Laertes, like Hamlet, has a murdered father, as well as a sister driven to suicide. When he takes a few lines to mourn at her graveside, Hamlet (whose self-absorbed soliloquies have already filled many pages) is outraged that the focus of attention should be on anyone else even for eight lines (“What is he whose grief/ Bears such an emphasis?”) and declares, on the basis of no evidence that we have seen, that he loved Ophelia 40,000 times more than her brother. Despite this hyperbolic protestation, he never again mentions or alludes to Ophelia from that moment on, let alone expressing regret at her death.

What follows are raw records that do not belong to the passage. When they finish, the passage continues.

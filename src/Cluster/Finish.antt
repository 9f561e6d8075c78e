-- ===== src/Cluster/Finish.antt =====
-- How a write that the votes let through ends (`td_cluster_write_value`, src/cluster.c), whatever the
-- transport does and whatever other clients do between its calls.
use tee_dist.Base.{ℕ, ◌==◌, ◌≡◌, ◌≢◌, inl, inr, refl, ap, ◌∙◌, arith, Bool-cases, List}
use tee_dist.Region.{Slot, prime}
use tee_dist.Cluster.Monad.{Transport, Cluster, Result, ok, failed, Error, primary_cas_failed}
use tee_dist.Cluster.Probe.{Probe}
use tee_dist.Cluster.Commit.{commit_slot_at, primary_session}
use tee_dist.Cluster.Votes.{Vote}
use tee_dist.Cluster.Write.{committed, finish_write}
use tee_dist.Cluster.Total.{refresh-Total, repair-Total}

module _ {W : Type 0} (t : Transport W) (c : Cluster) (key_hash : ℕ) (q : Probe) (s : Slot)
    (votes : List Vote) (rule : ℕ) (w : W) where
  -- The commit of the proposal to the slot of the primary's probe, expecting the epoch that it saw.
  abbrev pub primary_commit : Result ℕ × W
  primary_commit =
      commit_slot_at t c (primary_session c key_hash) prime q.candidate_index s
        q.candidate_slot.guard_epoch w

  -- The ways to end.
  pub data Finished : Type 0 where
    wins :
        (w₁ w' : W)
        → primary_commit ≡ (ok q.candidate_slot.guard_epoch, w₁)
        → finish_write t c key_hash q s votes rule w ≡ (ok rule, w')
        → Finished
    beaten :
        (observed : ℕ) (w₁ : W)
        → primary_commit ≡ (ok observed, w₁)
        → observed ≢ q.candidate_slot.guard_epoch
        → finish_write t c key_hash q s votes rule w ≡ (failed primary_cas_failed, w₁)
        → Finished
    broken :
        (e : Error) (w₁ : W)
        → primary_commit ≡ (failed e, w₁)
        → finish_write t c key_hash q s votes rule w ≡ (failed primary_cas_failed, w₁)
        → Finished

  after_commit : (x : Result ℕ × W) → primary_commit ≡ x → Finished
  unfolding finish_write committed
  after_commit (failed e, w₁) run = broken e w₁ run (rw run refl)
  after_commit (ok observed, w₁) run =
      elim (Bool-cases (observed == q.candidate_slot.guard_epoch)) [
        | inl same ↦
            let epoch : observed ≡ q.candidate_slot.guard_epoch = ground arith in
            let (u, w₂, repaired) = (repair-Total t c key_hash s votes 0).returns w₁ in
            let (v, w₃, refreshed) = (refresh-Total t c key_hash s).returns w₂ in
            wins w₁ w₃ (run ∙ ap (λ x. (ok x, w₁)) epoch) (rw (run, same, repaired, refreshed) refl)
        | inr other ↦ beaten observed w₁ run (ground arith) (rw (run, other) refl)
      ]

-- Whatever the transport does and whatever other clients do between its calls: if the commit to the
-- primary observes the epoch that the probe saw, the write returns its rule, whatever comes of the
-- repairs and of the cache. If it observes another epoch or fails, the write fails as one whose
-- compare-and-swap failed, and nothing is done after the commit.
pub finish_write-Finished :
    {W : Type 0} (t : Transport W) (c : Cluster) (key_hash : ℕ) (q : Probe) (s : Slot)
    (votes : List Vote) (rule : ℕ) (w : W)
    → Finished t c key_hash q s votes rule w
finish_write-Finished t c key_hash q s votes rule w =
    after_commit t c key_hash q s votes rule w (primary_commit t c key_hash q s votes rule w) refl
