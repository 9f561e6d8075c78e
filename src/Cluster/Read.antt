-- ===== src/Cluster/Read.antt =====
-- Reading a key: `td_cluster_read_value` and `td_cluster_read_kv` (src/cluster.c), with no profile.
use tee_dist.Base.{ℕ, ◌==◌, if◌then◌else◌, Bool, not, ◌&&◌, ◌||◌, Option, none, some, Bytes}
use tee_dist.Region.{Slot, prime, cache}
use tee_dist.Common.{hash64_string}
use tee_dist.Crypto.{OpenSsl, decode_slot}
use tee_dist.Cluster.Monad.{Transport, Cluster, M, pure, fail, ◌>>=◌, ◌>>◌, attempt, mac_failed}
use tee_dist.Cluster.Probe.{Probe, slot_present, probe_slot}
use tee_dist.Cluster.Commit.{primary_session, refresh_cache}

-- `cache_consistent`
unfoldable pub cache_consistent : ℕ → Probe → Probe → Bool
cache_consistent key_hash cached primary =
    cached.found
    && (primary.found
        && (cached.slot.guard_epoch == primary.slot.guard_epoch
            && (cached.slot.visible_epoch == primary.slot.visible_epoch
                && slot_present cached.slot key_hash)))

module _ {W : Type 0} (o : OpenSsl) (t : Transport W) (c : Cluster) where
  -- The probe of the cache, where there is a cache. Its failure is a miss.
  unfoldable pub probe_cache : ℕ → ℕ → M W (Option Probe)
  probe_cache session key_hash =
      if c.cache_on then attempt (probe_slot t c session cache key_hash) else pure none

  -- The value of a cache slot that is consistent with the primary's and that decodes.
  unfoldable pub cached_value : ℕ → Option Probe → Probe → Option Bytes
  cached_value key_hash none primary = none
  cached_value key_hash (some cached) primary =
      if cache_consistent key_hash cached primary then decode_slot o c.crypto cached.slot else none

  -- The value of a slot of the primary that was decoded; the cache is refreshed with the slot.
  unfoldable pub serve_prime : ℕ → Slot → Option Bytes → M W (Option Bytes)
  serve_prime key_hash s none = fail mac_failed
  serve_prime key_hash s (some value) = do refresh_cache t c key_hash s; pure (some value)

  -- What follows the two probes. `ok none` is a return of 0 with `*found` 0.
  unfoldable pub read_probed : ℕ → Probe → Option Bytes → M W (Option Bytes)
  read_probed key_hash primary (some value) = pure (some value)
  read_probed key_hash primary none =
      if not primary.found || not (slot_present primary.slot key_hash)
      then pure none
      else serve_prime key_hash primary.slot (decode_slot o c.crypto primary.slot)

  -- `td_cluster_read_value`
  unfoldable pub read_value : Bytes → M W (Option Bytes)
  read_value key = do
    let key_hash = hash64_string key
    let session = primary_session c key_hash
    primary ← probe_slot t c session prime key_hash
    cached ← probe_cache session key_hash
    read_probed key_hash primary (cached_value key_hash cached primary)

  -- `td_cluster_read_kv`
  unfoldable pub read_kv : Bytes → M W (Option Bytes)
  read_kv key = read_value key
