-- ===== src/Cluster/Landing.antt =====
-- Where a successful write leaves its slot (src/cluster.c): on the primary, and in the cache where
-- the cache has a place for it.
use tee_dist.Base.{
  ℕ, ◌<◌, ◌≡◌, ◌⊎◌, inl, inr, refl, sym, ap, ◌∙◌, arith, true, false, none, some, List, Bool-cases,
}
use tee_dist.Region.{Slot, prime, cache}
use tee_dist.Region.Codec.{SlotFits}
use tee_dist.Cluster.Monad.{
  Cluster, Result, ok, failed, session_count, M, bind_result, pure, ◌>>=◌, ◌>>◌, Error,
}
use tee_dist.Cluster.Probe.{Probe, found_probe, probe_slot}
use tee_dist.Cluster.Probe.Step.{matches_key}
use tee_dist.Cluster.Commit.{commit_slot_at, primary_session, refresh_candidate, refresh_cache}
use tee_dist.Cluster.Votes.{Vote}
use tee_dist.Cluster.Read.{probe_cache}
use tee_dist.Cluster.Write.{committed, repair, finish_write}
use tee_dist.Cluster.Local.{World, local, WorldFits}
use tee_dist.Cluster.Quiet.{Keeps, Keeps-trans, probe_slot-view}
use tee_dist.Cluster.Backups.{primary-lt, repair-Quiet, refresh-Quiet}
use tee_dist.Cluster.Candidate.{probe-Keeps, candidate_is_valid, probe-IsProbed, commit_candidate}
use tee_dist.Crypto.{OpenSsl}

module _ {W A : Type 0} where
  -- A result is a value or an error.
  pub result_cases :
      (x : Result A × W)
      → ((a : A) × (w : W) × (x ≡ (ok a, w))) ⊎ ((e : Error) × (w : W) × (x ≡ (failed e, w)))
  result_cases (ok a, w) = inl (a, w, refl)
  result_cases (failed e, w) = inr (e, w, refl)

  bind_result_ok :
      {B : Type 0} (x : Result A × W) (f : A → M W B) (b : B) (w' : W)
      → bind_result x f ≡ (ok b, w')
      → (a : A) × (w₁ : W) × (x ≡ (ok a, w₁)) × (f a w₁ ≡ (ok b, w'))
  bind_result_ok (ok a, w₁) f b w' e = (a, w₁, refl, e)
  bind_result_ok (failed x, w₁) f b w' e = absurd (cc)

  -- Where a sequence succeeds, both of its parts do.
  pub bind_ok :
      {B : Type 0} (m : M W A) (f : A → M W B) (w : W) (b : B) (w' : W)
      → (m >>= f) w ≡ (ok b, w')
      → (a : A) × (w₁ : W) × (m w ≡ (ok a, w₁)) × (f a w₁ ≡ (ok b, w'))
  bind_ok m f w b w' e = bind_result_ok (m w) f b w' e

-- What a probe of the cache says after the write of a slot: nothing, or that slot.
pub data CacheSays (o : OpenSsl) (c : Cluster) (key_hash : ℕ) (s : Slot) (w : World) : Type 0 where
  silent :
      probe_cache o local c (primary_session c key_hash) key_hash w ≡ (ok none, w)
      → CacheSays o c key_hash s w
  holds :
      (j : ℕ)
      → probe_cache o local c (primary_session c key_hash) key_hash w
        ≡ (ok (some (found_probe s j)), w)
      → CacheSays o c key_hash s w

-- The world after the write: the primary's probe finds the slot, and the cache contradicts nothing.
pub record Landed (o : OpenSsl) (c : Cluster) (key_hash : ℕ) (s : Slot) (w : World) : Type 0 where
  pub fits : WorldFits c w
  pub at : ℕ
  pub on_prime :
      probe_slot local c (primary_session c key_hash) prime key_hash w ≡ (ok (found_probe s at), w)
  pub in_cache : CacheSays o c key_hash s w

module _ (o : OpenSsl) (c : Cluster) (pos : 0 < session_count c) (key_hash : ℕ) (s : Slot)
    (sf : SlotFits s) (whole : s.guard_epoch ≡ s.visible_epoch)
    (matches : matches_key key_hash s ≡ true) where
  abbrev session : ℕ
  session = primary_session c key_hash

  -- The calls of a refresh whose probe finds a candidate.
  refresh_run :
      (w w' : World) (q : Probe) (g : ℕ)
      → c.cache_on ≡ true
      → probe_slot local c session cache key_hash w ≡ (ok q, w)
      → q.candidate_valid ≡ true
      → commit_slot_at local c session cache q.candidate_index s q.candidate_slot.guard_epoch w
        ≡ (ok g, w')
      → refresh_cache local c key_hash s w ≡ (ok tt, w')
  unfolding refresh_cache refresh_candidate
  refresh_run w w' q g on hit valid run = ground arith

  refresh_missed :
      (w : World) (e : Error)
      → c.cache_on ≡ true
      → probe_slot local c session cache key_hash w ≡ (failed e, w)
      → refresh_cache local c key_hash s w ≡ (ok tt, w)
  unfolding refresh_cache refresh_candidate
  refresh_missed w e on hit = ground arith

  refresh_off : (w : World) → c.cache_on ≡ false → refresh_cache local c key_hash s w ≡ (ok tt, w)
  unfolding refresh_cache
  refresh_off w off = ground arith

  probe_cache_off : (w : World) → c.cache_on ≡ false → CacheSays o c key_hash s w
  unfolding probe_cache
  probe_cache_off w off = silent (ground arith)

  probe_cache_missed :
      (w : World) (e : Error)
      → c.cache_on ≡ true
      → probe_slot local c session cache key_hash w ≡ (failed e, w)
      → CacheSays o c key_hash s w
  unfolding probe_cache
  probe_cache_missed w e on hit = silent (ground arith)

  probe_cache_holds :
      (w : World) (j : ℕ)
      → c.cache_on ≡ true
      → probe_slot local c session cache key_hash w ≡ (ok (found_probe s j), w)
      → CacheSays o c key_hash s w
  unfolding probe_cache
  probe_cache_holds w j on hit = holds j (ground arith)

  -- The cache after its refresh.
  pub refresh_cache-CacheSays :
      (w : World)
      → WorldFits c w
      → (w' : World) × (refresh_cache local c key_hash s w ≡ (ok tt, w'))
        × CacheSays o c key_hash s w'
  refresh_cache-CacheSays w fits =
      let there = primary-lt c key_hash pos in
      let seen = probe_slot-view c w session cache key_hash fits there in
      elim (Bool-cases c.cache_on) [
        | inr off ↦ (w, refresh_off w off, probe_cache_off w off)
        | inl on ↦ elim (result_cases (probe_slot local c session cache key_hash w)) [
          | inr (e, w₁, missed) ↦
              let same : w₁ ≡ w = ap (λ r. r.1) (sym missed ∙ seen) in
              let miss = missed ∙ ap (λ x. (failed e, x)) same in
              (w, refresh_missed w e on miss, probe_cache_missed w e on miss)
          | inl (q, w₁, found) ↦
              let same : w₁ ≡ w = ap (λ r. r.1) (sym found ∙ seen) in
              let hit = found ∙ ap (λ x. (ok q, x)) same in
              let valid =
                candidate_is_valid c session there cache key_hash _ _ q
                  (probe-IsProbed c session there cache key_hash w q fits hit) in
              let (w', run, done, stored, again) =
                commit_candidate c session there cache key_hash w q s fits hit sf whole matches in
              (
                w',
                refresh_run w w' q _ on hit valid run,
                probe_cache_holds w' q.candidate_index on again,
              )
        ]
      ]

  -- A write that has reached the primary and returns its rule has landed.
  pub finish_write-Landed :
      (w : World) (q : Probe) (votes : List Vote) (rule r : ℕ) (w' : World)
      → WorldFits c w
      → probe_slot local c session prime key_hash w ≡ (ok q, w)
      → finish_write local c key_hash q s votes rule w ≡ (ok r, w')
      → Landed o c key_hash s w'
  unfolding finish_write committed
  finish_write-Landed w q votes rule r w' fits hit e =
      let there = primary-lt c key_hash pos in
      let (w₁, run, done, stored, again) =
        commit_candidate c session there prime key_hash w q s fits hit sf whole matches in
      let goes : (repair local c key_hash s votes 0
              >> (refresh_cache local c key_hash s >> pure rule))
            w₁
          ≡ (ok r, w') =
        ground arith in
      let (u, w₂, repaired, e₂) =
        bind_ok (repair local c key_hash s votes 0)
          (λ _. refresh_cache local c key_hash s >> pure rule) w₁ r w' goes in
      let (v, w₃, refreshed, e₃) =
        bind_ok (refresh_cache local c key_hash s) (λ _. pure rule) w₂ r w' e₂ in
      let k₂ : Keeps c prime w₁ w₂ =
        let kept = (repair-Quiet c pos key_hash s sf votes 0).keeps w₁ done.fits in
        let end : (repair local c key_hash s votes 0 w₁).1 ≡ w₂ = ap (λ x. x.1) repaired in
        rw end at kept in
      let (w₄, refreshed', says) = refresh_cache-CacheSays w₂ k₂.fits in
      let k₃ = (refresh-Quiet c pos key_hash s sf).keeps w₂ k₂.fits in
      let end : (refresh_cache local c key_hash s w₂).1 ≡ w' =
        ap (λ x. x.1) refreshed ∙ ap (λ x. x.1) e₃ in
      let k : Keeps c prime w₁ w' = Keeps-trans c prime w₁ w₂ w' k₂ (rw end at k₃) in
      let last : w₄ ≡ w' = ap (λ x. x.1) (sym refreshed') ∙ end in
      record {
        fits = k.fits;
        at = q.candidate_index;
        on_prime = probe-Keeps c session there prime key_hash w₁ w' _ done.fits k again;
        in_cache = rw last at says;
      }
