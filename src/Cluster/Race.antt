-- ===== src/Cluster/Race.antt =====
-- Several clients that commit to one slot of a memory node (src/cluster.c): each reads the slot's guard
-- word, as the probe does, writes the body of its proposal, and then compares and swaps the guard word, as
-- `td_commit_slot_at` does. Each access is one step, and the steps of the clients come in any order.
pub mod Winners
pub mod Lost
pub mod Commits
use tee_dist.Base.{ℕ, ◌+◌, ◌≡◌, ◌==◌, if◌then◌else◌, some, Bytes, add64}
use tee_dist.Region.{Slot, Region, body_start, body_bytes, write_bytes, cas64}
use tee_dist.Region.Commit.{slot_at}

-- How far a client is, and the epoch that it found.
pub data Pc : Type 0 where
  ready : Pc
  found : ℕ → Pc
  stored : ℕ → Pc
  won : ℕ → Pc
  lost : ℕ → Pc

-- The region of the memory node and the clients.
pub record Shared : Type 0 where
  pub region : Region
  pub pc : ℕ → Pc

abbrev pub update : (ℕ → Pc) → ℕ → Pc → ℕ → Pc
update f i p j = if j == i then p else f j

-- A client knows that it won by the word that the compare-and-swap observed.
unfoldable pub outcome : ℕ → ℕ → Pc
outcome observed epoch = if observed == epoch then won epoch else lost epoch

-- A step of a client, on the slot at an offset. `proposals i e` is what client `i` proposes on the epoch `e`.
pub data Step (off : ℕ) (proposals : ℕ → ℕ → Slot) : Shared → Shared → Type 0 where
  look :
      (s : Shared) (i : ℕ)
      → s.pc i ≡ ready
      → Step off proposals s
          (record s { pc = update s.pc i (found (slot_at s.region.memory off).guard_epoch) })
  store :
      (s : Shared) (i e : ℕ) (r : Region)
      → s.pc i ≡ found e
      → write_bytes s.region (add64 off body_start) (body_bytes (proposals i e)) ≡ some r
      → Step off proposals s (record { region = r; pc = update s.pc i (stored e) })
  swap :
      (s : Shared) (i e observed : ℕ) (r : Region)
      → s.pc i ≡ stored e
      → cas64 s.region off e (proposals i e).visible_epoch ≡ some (observed, r)
      → Step off proposals s (record { region = r; pc = update s.pc i (outcome observed e) })

-- What a number of steps leads to.
pub data Reach (off : ℕ) (proposals : ℕ → ℕ → Slot) (start : Shared) : ℕ → Shared → Type 0 where
  here : Reach off proposals start 0 start
  next :
      {n : ℕ} {s t : Shared}
      → Reach off proposals start n s
      → Step off proposals s t
      → Reach off proposals start (n + 1) t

The usual excuse made for Hamlet is that many of these deeds are committed when he is of unsound mind. Indeed, this is his explanation to Laertes for the death of Polonius (“Was’t Hamlet wrong’d Laertes? Never Hamlet”). That excuse would carry more weight had Hamlet not persuasively told his mother the opposite within moments of the killing:
My pulse, as yours, doth temperately keep time,
And makes as healthful music: it is not madness
That I have utter’d: bring me to the test,
And I the matter will re-word; which madness
Would gambol from.
By the end of the play, Hamlet has not only ruined his own life and those of his family and friends, but freely given away his country to a foreign power – the very thing his admired father had struggled so hard to prevent.
In short, Hamlet is a self-centred, entitled, manipulative, callous bully. However, he is also intensely charismatic, so much so that he has persuaded the world to share his Hamlet-centric view.